Finnish technology firm Nokia and three banks have partnered with Traydstream to pilot its machine learning solution for trade finance-related document checks.

The pilot programme, which involves OP Group, SEB and Standard Chartered, has commenced and will run for 10 weeks.

Traydstream is a trade finance-focused fintech company. Its application uses OCR (optical character recognition) to read, scan and structure paper-based information digitally – essentially digitising the full trade transaction. Its machine learning engine then automatically processes and checks the documents for anti-money laundering and compliance issues.

“In a full production environment, Nokia will check the documents through the Traydstream platform, fix any errors, and then send them directly to the bank, who can move forward with it straight away, because they are getting completely non-discrepant, clean documents that they can then process much faster,” Uzair Bawany, chief revenue officer and co-founder of Traydstream, tells GTR.

Within many banks, this document checking process is still a manual, labour-intensive job, and often involves sending documents back and forth multiple times to fix errors. Bawany says the average time for a bank to conduct a document check today is about four hours. Traydsteam is looking to reduce that time to minutes.

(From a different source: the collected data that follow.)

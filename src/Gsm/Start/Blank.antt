-- ===== src/Gsm/Start/Blank.antt =====
-- The loop of `gsm_set_switchtype` in GSM_STATE_SET_ECHO: the empty line of a message in text mode,
-- which `module_receive` takes as the last one, is read again and again.
use chan_extra.Prelude.{ℕ, zero, suc, ◌≡◌, refl, true, false, List, []}
use chan_extra.Config.Commands.{AtId, at_ok, at_set_cmee, at_set_echo_mode, codes}
use chan_extra.Gsm.Text.{gsm_compare}
use chan_extra.Gsm.San.{arrays_fit, cr_of, gsm_san, out_text, san_add, san_rest, skip_of}
use chan_extra.Gsm.State.{ModuleState, gsm_state_set_echo, gsm_state_set_report_error}
use chan_extra.Gsm.Module.{Env, Gsm, at}
use chan_extra.Gsm.Start.{on_ok, says, spinning, start_line, start_loop}

-- A module that waits for the answer to its second last command, with a text in `sanbuf`.
abbrev pub waiting : Gsm → List ℕ → Gsm
waiting g text = record g { state = gsm_state_set_echo; san = record { text = text; idx = 0 } }

on_ok-silent :
    (env : Env) (g : Gsm) (buf : List ℕ) (asked : AtId) (next : ModuleState) (id : AtId)
    → says env g buf at_ok ≡ false
    → on_ok env g buf asked next id ≡ g
unfolding on_ok
on_ok-silent env g buf asked next id no_ok = rw (on_ok, no_ok) refl

-- In GSM_STATE_SET_ECHO, however many rounds the loop is given, it is not over, when two ends of
-- line are left of what was received with the head of a message in text mode, and an empty line does
-- not tell success.
pub start_loop-blank :
    (env : Env) (f : ℕ) (g : Gsm) (text : List ℕ)
    → gsm_compare g.at_last_recv (codes "+CMT: \"") ≡ true
    → says env (waiting g text) [] at_ok ≡ false
    → start_loop env f (waiting g text) (codes "\r\n\r\n") ≡ spinning
unfolding at says start_loop arrays_fit out_text gsm_san san_add skip_of cr_of san_rest start_line
start_loop-blank env zero g text head no_ok = refl
start_loop-blank env (suc f) g text head no_ok =
    let again = start_loop-blank env f g (codes "\r\n\r\n") head no_ok in
    let read : Gsm = record g {
      state = gsm_state_set_echo;
      san = record { text = codes "\r\n\r\n"; idx = 4 };
    } in
    let silent =
      on_ok-silent env read [] at_set_echo_mode gsm_state_set_report_error at_set_cmee no_ok in
    rw (start_loop, head, head, head, silent, again) refl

“With our solution, everything gets sped up, which helps Nokia from a working capital and a payment point of view,” he says. “It doesn’t have to wait for the banks to do all those checks and come back to it to fix errors. And from the banks’ perspective, they don’t need 20 guys sitting there doing the checks manually.”

During the pilot programme, the parties will feed the machine learning engine with documents in order to train it on how to read and structure the data, and evaluate the concept.

Bawany says the plan is to then go live with the three banks and possibly also expand to more of Nokia’s financial partners.

Founded in 2015, Traydsteam went live with its first bank client late last year, after concluding a US$3.5mn pre-series-A financing round to scale up its offering.

The fintech firm has already carried out a series of pilots with major players, including a leading Southern European trade finance bank and a big Japanese bank, but has recently seen interest from corporates who are equally interested in improving the document checking process.

In a statement, Jari Hänninen, Nokia’s head of structured finance calls the Traydstream solution a “game changing piece of technology within the document trade process”.

“We are entering into this pilot with the real intent to get a straight-through process for our documents whilst ensuring that we adhere to the stringent policy requirements of our banks. Their support in this pilot is therefore vital,” he says.

Traydstream has offices in India, Pakistan, Dubai, Italy and the UK. It plans to make available a second release of its solution this year, which will implement blockchain technology. “The first step was to accelerate processing, automate it, and make it exceptionally fast at an individual level. If you give the solution to a bank, it would be much faster, cheaper and more efficient than today, and the reliance of humans comes down drastically,” said Traydstream’s CEO Sameer Sehgal, speaking to GTR last year. “However, with blockchain, you can get the other parties constituting a transaction to partake in that transaction at the same time, which does not happen today. With blockchain you can make data available right away for them to process in a distributed manner.”

Traydsteam is not the only young fintech player using new technology to automate what is today an extremely paper-based and manual industry. Conpend is another firm that helps clients digitise trade documents, flag deviations and conduct automatic document checking and sanctions screening. It recently announced it is working with Germany’s Commerzbank to integrate the system into its back office, with the bank claiming to be able to automate 80% of its “first line of defence” compliance checks of its trade finance processes by 2020.